▶ **TASK DESCRIPTION**:
Which lines below include the string "elim"? Please show each one.

---+---

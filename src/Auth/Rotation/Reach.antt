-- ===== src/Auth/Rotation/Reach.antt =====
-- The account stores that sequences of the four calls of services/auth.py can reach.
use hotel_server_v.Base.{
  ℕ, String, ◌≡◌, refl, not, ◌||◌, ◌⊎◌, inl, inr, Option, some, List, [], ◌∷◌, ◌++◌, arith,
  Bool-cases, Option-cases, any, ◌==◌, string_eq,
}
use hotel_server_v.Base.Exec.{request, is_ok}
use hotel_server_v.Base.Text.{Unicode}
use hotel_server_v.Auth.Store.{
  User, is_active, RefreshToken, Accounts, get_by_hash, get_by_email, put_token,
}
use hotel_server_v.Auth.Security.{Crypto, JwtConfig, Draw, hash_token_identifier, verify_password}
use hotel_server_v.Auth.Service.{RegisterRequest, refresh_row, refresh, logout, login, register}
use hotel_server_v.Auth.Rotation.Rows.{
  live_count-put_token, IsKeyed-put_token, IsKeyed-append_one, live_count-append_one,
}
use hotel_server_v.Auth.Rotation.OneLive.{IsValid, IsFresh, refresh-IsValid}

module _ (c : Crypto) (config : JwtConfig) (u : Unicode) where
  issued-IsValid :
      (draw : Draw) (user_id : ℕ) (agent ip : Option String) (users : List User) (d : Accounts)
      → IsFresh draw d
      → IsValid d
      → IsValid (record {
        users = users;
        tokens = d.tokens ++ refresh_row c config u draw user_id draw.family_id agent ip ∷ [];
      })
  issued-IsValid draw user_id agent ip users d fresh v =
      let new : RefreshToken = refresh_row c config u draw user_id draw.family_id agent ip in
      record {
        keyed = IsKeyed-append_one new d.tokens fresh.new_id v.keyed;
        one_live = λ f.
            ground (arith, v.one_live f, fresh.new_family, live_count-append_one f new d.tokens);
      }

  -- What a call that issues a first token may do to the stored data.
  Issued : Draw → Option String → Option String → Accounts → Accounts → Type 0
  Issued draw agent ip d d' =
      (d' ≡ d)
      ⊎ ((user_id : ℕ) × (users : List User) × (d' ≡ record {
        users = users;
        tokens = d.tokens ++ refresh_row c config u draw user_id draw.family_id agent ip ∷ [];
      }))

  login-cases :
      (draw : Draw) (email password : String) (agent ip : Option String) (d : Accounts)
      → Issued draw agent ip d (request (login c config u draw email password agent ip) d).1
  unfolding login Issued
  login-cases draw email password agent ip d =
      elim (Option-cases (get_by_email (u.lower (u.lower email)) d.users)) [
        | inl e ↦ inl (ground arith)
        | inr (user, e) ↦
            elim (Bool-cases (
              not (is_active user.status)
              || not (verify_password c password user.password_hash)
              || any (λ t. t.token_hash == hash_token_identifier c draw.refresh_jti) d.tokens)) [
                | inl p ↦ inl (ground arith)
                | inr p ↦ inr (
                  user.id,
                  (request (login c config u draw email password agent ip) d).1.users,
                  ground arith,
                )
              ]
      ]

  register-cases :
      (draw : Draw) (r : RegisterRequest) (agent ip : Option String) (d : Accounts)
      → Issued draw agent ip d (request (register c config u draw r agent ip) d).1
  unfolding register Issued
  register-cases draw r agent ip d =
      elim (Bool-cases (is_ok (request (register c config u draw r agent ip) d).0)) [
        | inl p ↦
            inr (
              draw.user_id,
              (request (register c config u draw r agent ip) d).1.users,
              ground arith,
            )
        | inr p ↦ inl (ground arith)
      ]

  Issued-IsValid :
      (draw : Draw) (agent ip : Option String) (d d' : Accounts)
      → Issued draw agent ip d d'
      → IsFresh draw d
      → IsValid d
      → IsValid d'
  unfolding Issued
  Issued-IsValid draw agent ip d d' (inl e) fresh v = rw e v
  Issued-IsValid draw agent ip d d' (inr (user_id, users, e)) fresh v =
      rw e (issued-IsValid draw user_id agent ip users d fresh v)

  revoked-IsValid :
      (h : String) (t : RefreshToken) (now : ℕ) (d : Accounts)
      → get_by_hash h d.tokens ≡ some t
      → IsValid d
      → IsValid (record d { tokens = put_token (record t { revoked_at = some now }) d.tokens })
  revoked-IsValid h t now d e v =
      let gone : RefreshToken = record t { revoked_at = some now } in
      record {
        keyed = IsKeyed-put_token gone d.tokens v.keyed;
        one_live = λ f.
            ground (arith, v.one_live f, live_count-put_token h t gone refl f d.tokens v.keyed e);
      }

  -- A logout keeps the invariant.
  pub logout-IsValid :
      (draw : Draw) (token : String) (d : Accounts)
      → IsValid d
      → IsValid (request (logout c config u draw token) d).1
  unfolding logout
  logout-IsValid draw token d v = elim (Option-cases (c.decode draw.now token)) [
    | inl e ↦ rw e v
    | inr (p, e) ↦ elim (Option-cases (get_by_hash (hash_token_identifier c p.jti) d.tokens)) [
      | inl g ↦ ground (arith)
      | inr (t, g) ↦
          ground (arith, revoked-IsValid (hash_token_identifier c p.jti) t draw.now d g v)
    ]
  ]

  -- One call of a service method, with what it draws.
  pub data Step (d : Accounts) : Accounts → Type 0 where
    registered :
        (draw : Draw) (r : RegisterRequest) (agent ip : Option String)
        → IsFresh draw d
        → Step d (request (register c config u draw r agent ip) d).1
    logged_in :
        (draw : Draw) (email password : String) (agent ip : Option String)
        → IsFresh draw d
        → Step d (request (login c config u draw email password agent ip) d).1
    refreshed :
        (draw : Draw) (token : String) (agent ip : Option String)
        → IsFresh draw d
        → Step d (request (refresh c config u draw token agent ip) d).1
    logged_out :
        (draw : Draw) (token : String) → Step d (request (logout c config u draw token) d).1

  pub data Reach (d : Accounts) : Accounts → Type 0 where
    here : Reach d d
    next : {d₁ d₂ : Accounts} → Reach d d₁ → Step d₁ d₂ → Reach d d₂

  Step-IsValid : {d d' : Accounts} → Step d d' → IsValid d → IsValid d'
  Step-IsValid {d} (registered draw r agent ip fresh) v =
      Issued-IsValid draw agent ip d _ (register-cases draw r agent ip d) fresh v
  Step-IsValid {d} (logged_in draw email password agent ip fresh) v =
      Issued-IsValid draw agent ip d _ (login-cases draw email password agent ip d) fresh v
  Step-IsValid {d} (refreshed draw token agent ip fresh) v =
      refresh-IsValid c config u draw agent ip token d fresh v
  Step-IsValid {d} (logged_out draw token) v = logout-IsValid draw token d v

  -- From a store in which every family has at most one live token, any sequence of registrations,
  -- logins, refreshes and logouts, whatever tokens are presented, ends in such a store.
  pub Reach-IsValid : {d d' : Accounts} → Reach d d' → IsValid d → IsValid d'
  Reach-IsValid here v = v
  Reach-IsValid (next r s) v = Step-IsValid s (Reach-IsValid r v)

---+---

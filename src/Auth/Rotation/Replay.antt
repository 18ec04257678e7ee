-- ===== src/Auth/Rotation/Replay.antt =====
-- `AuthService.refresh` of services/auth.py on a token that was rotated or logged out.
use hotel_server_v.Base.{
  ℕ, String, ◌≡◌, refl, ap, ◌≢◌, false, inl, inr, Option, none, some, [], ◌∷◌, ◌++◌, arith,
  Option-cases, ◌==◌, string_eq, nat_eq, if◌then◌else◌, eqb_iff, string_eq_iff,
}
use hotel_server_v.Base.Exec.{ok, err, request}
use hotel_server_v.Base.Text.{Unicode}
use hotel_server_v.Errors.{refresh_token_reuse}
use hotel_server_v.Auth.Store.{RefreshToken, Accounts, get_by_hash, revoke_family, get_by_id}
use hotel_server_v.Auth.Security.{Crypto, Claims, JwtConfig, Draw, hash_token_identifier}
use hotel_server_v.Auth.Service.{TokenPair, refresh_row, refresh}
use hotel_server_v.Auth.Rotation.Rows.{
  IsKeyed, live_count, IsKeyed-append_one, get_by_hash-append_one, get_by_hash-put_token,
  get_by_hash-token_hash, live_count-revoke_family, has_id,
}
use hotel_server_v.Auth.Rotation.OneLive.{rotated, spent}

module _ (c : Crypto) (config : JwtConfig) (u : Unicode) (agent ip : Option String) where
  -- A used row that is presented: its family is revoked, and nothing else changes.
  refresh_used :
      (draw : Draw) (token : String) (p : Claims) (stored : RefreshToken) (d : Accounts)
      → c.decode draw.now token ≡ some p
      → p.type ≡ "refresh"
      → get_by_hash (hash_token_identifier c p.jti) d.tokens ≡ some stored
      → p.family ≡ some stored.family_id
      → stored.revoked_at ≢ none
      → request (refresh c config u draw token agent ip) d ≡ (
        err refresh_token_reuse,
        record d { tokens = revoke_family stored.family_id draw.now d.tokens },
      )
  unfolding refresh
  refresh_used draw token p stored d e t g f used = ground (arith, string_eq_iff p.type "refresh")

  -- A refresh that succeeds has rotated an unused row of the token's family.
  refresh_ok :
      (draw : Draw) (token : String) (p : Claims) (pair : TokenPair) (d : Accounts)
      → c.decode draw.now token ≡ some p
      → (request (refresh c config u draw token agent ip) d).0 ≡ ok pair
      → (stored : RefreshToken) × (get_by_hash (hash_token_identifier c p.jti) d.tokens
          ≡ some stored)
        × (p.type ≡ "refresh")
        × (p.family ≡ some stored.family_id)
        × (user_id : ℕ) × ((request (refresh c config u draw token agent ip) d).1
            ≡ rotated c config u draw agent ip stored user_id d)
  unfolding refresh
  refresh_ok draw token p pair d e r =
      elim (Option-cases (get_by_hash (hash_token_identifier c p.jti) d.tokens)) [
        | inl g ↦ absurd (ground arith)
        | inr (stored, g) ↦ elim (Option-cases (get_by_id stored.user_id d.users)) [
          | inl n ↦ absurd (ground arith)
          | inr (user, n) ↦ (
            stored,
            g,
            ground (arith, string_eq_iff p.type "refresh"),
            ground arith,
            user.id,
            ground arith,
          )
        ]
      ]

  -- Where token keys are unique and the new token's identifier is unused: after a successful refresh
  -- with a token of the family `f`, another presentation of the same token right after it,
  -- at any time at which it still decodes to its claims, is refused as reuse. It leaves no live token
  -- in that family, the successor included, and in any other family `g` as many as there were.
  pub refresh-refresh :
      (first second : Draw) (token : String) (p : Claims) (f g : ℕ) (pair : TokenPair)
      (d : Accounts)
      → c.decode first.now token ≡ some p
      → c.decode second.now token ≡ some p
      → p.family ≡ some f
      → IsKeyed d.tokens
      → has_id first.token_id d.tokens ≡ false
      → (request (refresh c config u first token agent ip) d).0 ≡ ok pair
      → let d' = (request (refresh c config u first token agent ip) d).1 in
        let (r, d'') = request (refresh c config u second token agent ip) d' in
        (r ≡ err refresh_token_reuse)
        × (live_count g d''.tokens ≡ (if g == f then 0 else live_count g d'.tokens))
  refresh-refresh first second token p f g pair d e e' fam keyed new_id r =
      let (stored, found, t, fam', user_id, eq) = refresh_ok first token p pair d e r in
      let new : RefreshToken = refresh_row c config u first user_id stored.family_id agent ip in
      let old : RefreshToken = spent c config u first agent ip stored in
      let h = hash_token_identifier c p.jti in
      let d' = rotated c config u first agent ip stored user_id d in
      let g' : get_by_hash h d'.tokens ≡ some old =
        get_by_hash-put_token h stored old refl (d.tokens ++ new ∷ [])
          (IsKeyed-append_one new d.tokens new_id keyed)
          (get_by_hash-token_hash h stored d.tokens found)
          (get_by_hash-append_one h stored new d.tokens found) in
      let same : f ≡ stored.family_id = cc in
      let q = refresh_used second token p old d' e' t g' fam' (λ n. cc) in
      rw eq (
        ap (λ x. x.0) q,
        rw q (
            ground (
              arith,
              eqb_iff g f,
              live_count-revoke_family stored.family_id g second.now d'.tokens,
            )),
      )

---+---

▶ **YOUR SOLUTION**:
      elim (Option-cases (get_by_email (u.lower (u.lower email)) d.users)) [
            elim (Bool-cases (
      elim (Bool-cases (is_ok (request (register c config u draw r agent ip) d).0)) [
  logout-IsValid draw token d v = elim (Option-cases (c.decode draw.now token)) [
    | inr (p, e) ↦ elim (Option-cases (get_by_hash (hash_token_identifier c p.jti) d.tokens)) [
      elim (Option-cases (get_by_hash (hash_token_identifier c p.jti) d.tokens)) [
        | inr (stored, g) ↦ elim (Option-cases (get_by_id stored.user_id d.users)) [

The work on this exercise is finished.